### TASK BRIEF
Locate the lines of the listing below that hold "AreOnWire", then copy each of them.

### PROVIDED MATERIAL
-- ===== src/Ws/Frame/Wire.antt =====
-- Frames as they may arrive: masked ones, and unmasked ones, which are what a server sends.
use vericonnect_agent.Common.{ok}
use vericonnect_agent.Prelude.Bits.{bit_and_low, top_bit}
use vericonnect_agent.Prelude.Lists.{drop-add}
use vericonnect_agent.Prelude.{
  ℕ, ◌+◌, ◌^◌, ◌≤◌, ◌<◌, Bool, true, false, not, some, List, [], ◌∷◌, ◌++◌, ◌≡◌, refl, ap, ◌∙◌, inl,
  inr, ◌⊎◌, Bytes, ◌==◌, leb, ltb, if◌then◌else◌, Bool-cases, length, ltb→lt, leb→le, ltb-false,
  bit_and, u8, ◌>>>◌, length-append, take-append_left, drop-append_left, append_assoc, arith,
}
use vericonnect_agent.Ws.Frame.Header.{HeaderRead, short_length, medium_length, long_length}
use vericonnect_agent.Ws.Frame.RoundTrip.{parse_frame-frame_bytes}
use vericonnect_agent.Ws.Frame.{be_bytes, read_payload, parse_frame, frame_bytes}
use vericonnect_agent.Ws.{WsFrame, k_max_msg}

-- The length of an unmasked frame, in the shortest of its three forms.
abbrev pub server_length : ℕ → Bytes
server_length len =
    if ltb len 126
    then len ∷ []
    else if leb len 0xFFFF
    then 126 ∷ u8 (len >>> 8) ∷ u8 len ∷ []
    else 127 ∷ be_bytes 8 len

abbrev pub server_header : ℕ → Bool → ℕ → Bytes
server_header op fin len = (if fin then 128 + op else op) ∷ server_length len

-- An unmasked frame: header and payload.
abbrev pub server_bytes : ℕ → Bool → Bytes → Bytes
server_bytes op fin payload = server_header op fin (length payload) ++ payload

-- The bytes of a frame, masked with some four bytes or not masked.
abbrev pub IsOnWire : WsFrame → Bytes → Type 0
IsOnWire f bs =
    ((mask : Bytes) × (length mask ≡ 4) × (bs ≡ frame_bytes f.opcode f.fin mask f.payload))
    ⊎ (bs ≡ server_bytes f.opcode f.fin f.payload)

-- The bytes of some frames, one behind the other.
abbrev pub AreOnWire : List WsFrame → Bytes → Type 0
AreOnWire [] bs = bs ≡ []
AreOnWire (f ∷ fs) bs =
    (front : Bytes) × (back : Bytes) × IsOnWire f front × AreOnWire fs back × (bs ≡ front ++ back)

first_parts :
    (fin : Bool) (op : ℕ)
    → op < 16
    → let b = if fin then 128 + op else op in
      (not (bit_and b 0x80 == 0) ≡ fin) × (bit_and b 0x0F ≡ op)
first_parts true op h =
    (rw (top_bit (128 + op) (omega arith)) (ground arith), bit_and_low 4 (128 + op) ∙ omega arith)
first_parts false op h =
    (rw (top_bit op (omega arith)) (ground arith), bit_and_low 4 op ∙ omega arith)

-- A length byte without the mask bit.
length_parts : (n : ℕ) → n < 128 → (not (bit_and n 0x80 == 0) ≡ false) × (bit_and n 0x7F ≡ n)
length_parts n h = (rw (top_bit n (omega arith)) (ground arith), bit_and_low 7 n ∙ omega arith)

module _ (fin : Bool) (op len : ℕ) (t : Bytes) (ho : op < 16) (hl : len < 2 ^ 64) where
  abbrev sent : Bytes
  sent = server_header op fin len

  abbrev flags : ℕ
  flags = if fin then 128 + op else op

  sent_short : len < 126 → HeaderRead false fin op len (length sent) (sent ++ t)
  sent_short h =
      let two = length_parts len (omega arith) in
      let e : server_length len ≡ len ∷ [] = ground arith in
      rw e (record {
        enough = ground arith;
        fin_flag = (first_parts fin op ho).0;
        opcode = (first_parts fin op ho).1;
        masked = two.0;
        length_read = rw two.1 (short_length flags len len t h);
      })

  sent_medium : 126 ≤ len → len ≤ 0xFFFF → HeaderRead false fin op len (length sent) (sent ++ t)
  sent_medium h k =
      let two = length_parts 126 (omega arith) in
      let e : server_length len ≡ 126 ∷ u8 (len >>> 8) ∷ u8 len ∷ [] = ground arith in
      rw e (record {
        enough = ground arith;
        fin_flag = (first_parts fin op ho).0;
        opcode = (first_parts fin op ho).1;
        masked = two.0;
        length_read = medium_length flags 126 len t k;
      })

  sent_long : 0xFFFF < len → HeaderRead false fin op len (length sent) (sent ++ t)
  sent_long h =
      let two = length_parts 127 (omega arith) in
      let e : server_length len ≡ 127 ∷ be_bytes 8 len = ground arith in
      rw e (record {
        enough = ground arith;
        fin_flag = (first_parts fin op ho).0;
        opcode = (first_parts fin op ho).1;
        masked = two.0;
        length_read = long_length flags 127 len t hl ∙ ap (λ n. some (len, n)) size;
      })
    where
      size : ◌≡◌ {A = ℕ} 10 (length (flags ∷ 127 ∷ be_bytes 8 len))
      size = unfold be_bytes in refl

  server_header-HeaderRead : HeaderRead false fin op len (length sent) (sent ++ t)
  server_header-HeaderRead = elim (Bool-cases (ltb len 126)) [
    | inl short ↦ sent_short (ltb→lt len 126 short)
    | inr more ↦ elim (Bool-cases (leb len 0xFFFF)) [
      | inl medium ↦ sent_medium (ground arith) (leb→le len 0xFFFF medium)
      | inr long ↦ sent_long (ground arith)
    ]
  ]

read_payload-unmasked :
    (h payload rest : Bytes)
    → read_payload (h ++ (payload ++ rest)) false (length payload) (length h) ≡ some (payload, rest)
unfolding read_payload
read_payload-unmasked h payload rest =
    let total : length (h ++ (payload ++ rest)) ≡ length h + (length payload + length rest) =
      omega (arith, length-append h (payload ++ rest), length-append payload rest) in
    rw (
      ltb-false (length (h ++ (payload ++ rest))) (length h + length payload)
          (omega (arith, total)),
      drop-add (length h) (length payload) (h ++ (payload ++ rest)),
      drop-append_left h (payload ++ rest),
      take-append_left payload rest,
      drop-append_left payload rest,
    )

parse_frame-server_bytes :
    (op : ℕ) (fin : Bool) (payload rest : Bytes)
    → op < 16
    → length payload ≤ k_max_msg
    → parse_frame (server_bytes op fin payload ++ rest)
      ≡ ok (some (record { opcode = op; fin = fin; payload = payload }, rest))
parse_frame-server_bytes op fin payload rest ho hp =
    ap parse_frame (append_assoc (server_header op fin (length payload)) payload rest)
    ∙ parsed (server_header-HeaderRead fin op (length payload) (payload ++ rest) ho (omega arith))
        (read_payload-unmasked (server_header op fin (length payload)) payload rest)
  where
    parsed :
        {p : Bytes} {size : ℕ}
        → HeaderRead false fin op (length payload) size p
        → read_payload p false (length payload) size ≡ some (payload, rest)
        → parse_frame p ≡ ok (some (record { opcode = op; fin = fin; payload = payload }, rest))
    parsed read body =
        unfold parse_frame in
        ground (arith, read.enough, read.fin_flag, read.opcode, read.masked, read.length_read, body)

-- A frame is parsed whichever way it is sent, and what is behind it is left.
pub parse_frame-IsOnWire :
    (f : WsFrame) (bs rest : Bytes)
    → f.opcode < 16
    → length f.payload ≤ k_max_msg
    → IsOnWire f bs
    → parse_frame (bs ++ rest) ≡ ok (some (f, rest))
parse_frame-IsOnWire f bs rest small fits (inl (mask, four, e)) =
    rw e (parse_frame-frame_bytes f.opcode f.fin mask f.payload rest small four fits)
parse_frame-IsOnWire f bs rest small fits (inr e) =
    rw e (parse_frame-server_bytes f.opcode f.fin f.payload rest small fits)
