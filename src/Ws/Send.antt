-- ===== src/Ws/Send.antt =====
-- The sending half of WebSocketT: send_frame with its header and its masked chunks, send with its
-- fragmentation, send_ping and send_close.
pub mod Fragments
pub mod Wire
use vericonnect_agent.Common.{Status, ok, err, error, fail, io, closed}
use vericonnect_agent.Net.{Net, Io, ◌>>=◌, pure}
use vericonnect_agent.Prelude.{
  ℕ, zero, suc, ◌+◌, Bool, true, false, Option, none, some, [], ◌∷◌, ◌++◌, Bytes, ◌==◌, leb,
  if◌then◌else◌, length, take, drop, min, u8, ◌>>>◌,
}
use vericonnect_agent.Ws.Frame.{xor_mask, header_bytes}
use vericonnect_agent.Ws.{Ws, MsgType, text, k_frag_size}

-- sizeof chunk
abbrev pub chunk_size : ℕ
chunk_size = 8192

abbrev pub opcode_of : MsgType → ℕ
opcode_of text = 0x1
opcode_of _ = 0x2

module _ (n : Net) where
  -- `if (!sent) return std::unexpected(Error::Io);` in front of what follows.
  abbrev pub if_sent : Status → Io n Status → Io n Status
  if_sent (ok _) next = next
  if_sent (err _) next = pure (err (error io))

  -- `if (!rc) return rc;` in front of what follows.
  abbrev pub if_ok : Status → Io n Status → Io n Status
  if_ok (ok _) next = next
  if_ok (err e) next = pure (err e)

  -- The loop over `data` behind `off`, in masked chunks, on fuel for the bytes left.
  unfoldable pub send_chunks : ℕ → n.Conn → Bytes → ℕ → Bytes → Io n Status
  send_chunks zero c mask off rest = pure (ok tt)
  send_chunks (suc f) c mask off [] = pure (ok tt)
  send_chunks (suc f) c mask off (b ∷ bs) = do
    let k = min chunk_size (length (b ∷ bs))
    sent ← n.send c (xor_mask mask off (take k (b ∷ bs)))
    if_sent sent (send_chunks f c mask (off + k) (drop k (b ∷ bs)))

  -- From the mask on: the header and the mask in one send, then the payload.
  unfoldable pub send_masked : n.Conn → ℕ → Bool → Bytes → Option Bytes → Io n Status
  send_masked c opcode fin payload none = pure (err (error fail))
  send_masked c opcode fin payload (some mask) = do
    sent ← n.send c (header_bytes opcode fin (length payload) ++ mask)
    if_sent sent (send_chunks (length payload) c mask 0 payload)

  unfoldable pub send_frame : n.Conn → ℕ → Bool → Bytes → Io n Status
  send_frame c opcode fin payload = do
    mask ← n.random_bytes 4
    send_masked c opcode fin payload mask

  -- The fragmentation loop over what is left of the message, on fuel for its bytes.
  unfoldable pub send_fragments : ℕ → n.Conn → ℕ → Bool → Bytes → Io n Status
  send_fragments zero c opcode first rest = pure (ok tt)
  send_fragments (suc f) c opcode first [] = pure (ok tt)
  send_fragments (suc f) c opcode first (b ∷ bs) = do
    let k = min k_frag_size (length (b ∷ bs))
    rc ← send_frame c (if first then opcode else 0x0) (k == length (b ∷ bs)) (take k (b ∷ bs))
    if_ok rc (send_fragments f c opcode false (drop k (b ∷ bs)))

  unfoldable pub send : Ws n → MsgType → Bytes → Io n Status
  send ws type payload =
      if ws.closed
      then pure (err (error closed))
      else if leb (length payload) k_frag_size
      then send_frame ws.transport (opcode_of type) true payload
      else send_fragments (length payload) ws.transport (opcode_of type) true payload

  unfoldable pub send_ping : Ws n → Io n Status
  send_ping ws =
      if ws.closed then pure (err (error closed)) else send_frame ws.transport 0x9 true []

  unfoldable pub send_close : Ws n → ℕ → Io n Status
  send_close ws code =
      if ws.closed
      then pure (err (error closed))
      else send_frame ws.transport 0x8 true (u8 (code >>> 8) ∷ u8 code ∷ [])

### SOLVED PROBLEM
abbrev pub AreOnWire : List WsFrame → Bytes → Type 0
AreOnWire [] bs = bs ≡ []
AreOnWire (f ∷ fs) bs =
    (front : Bytes) × (back : Bytes) × IsOnWire f front × AreOnWire fs back × (bs ≡ front ++ back)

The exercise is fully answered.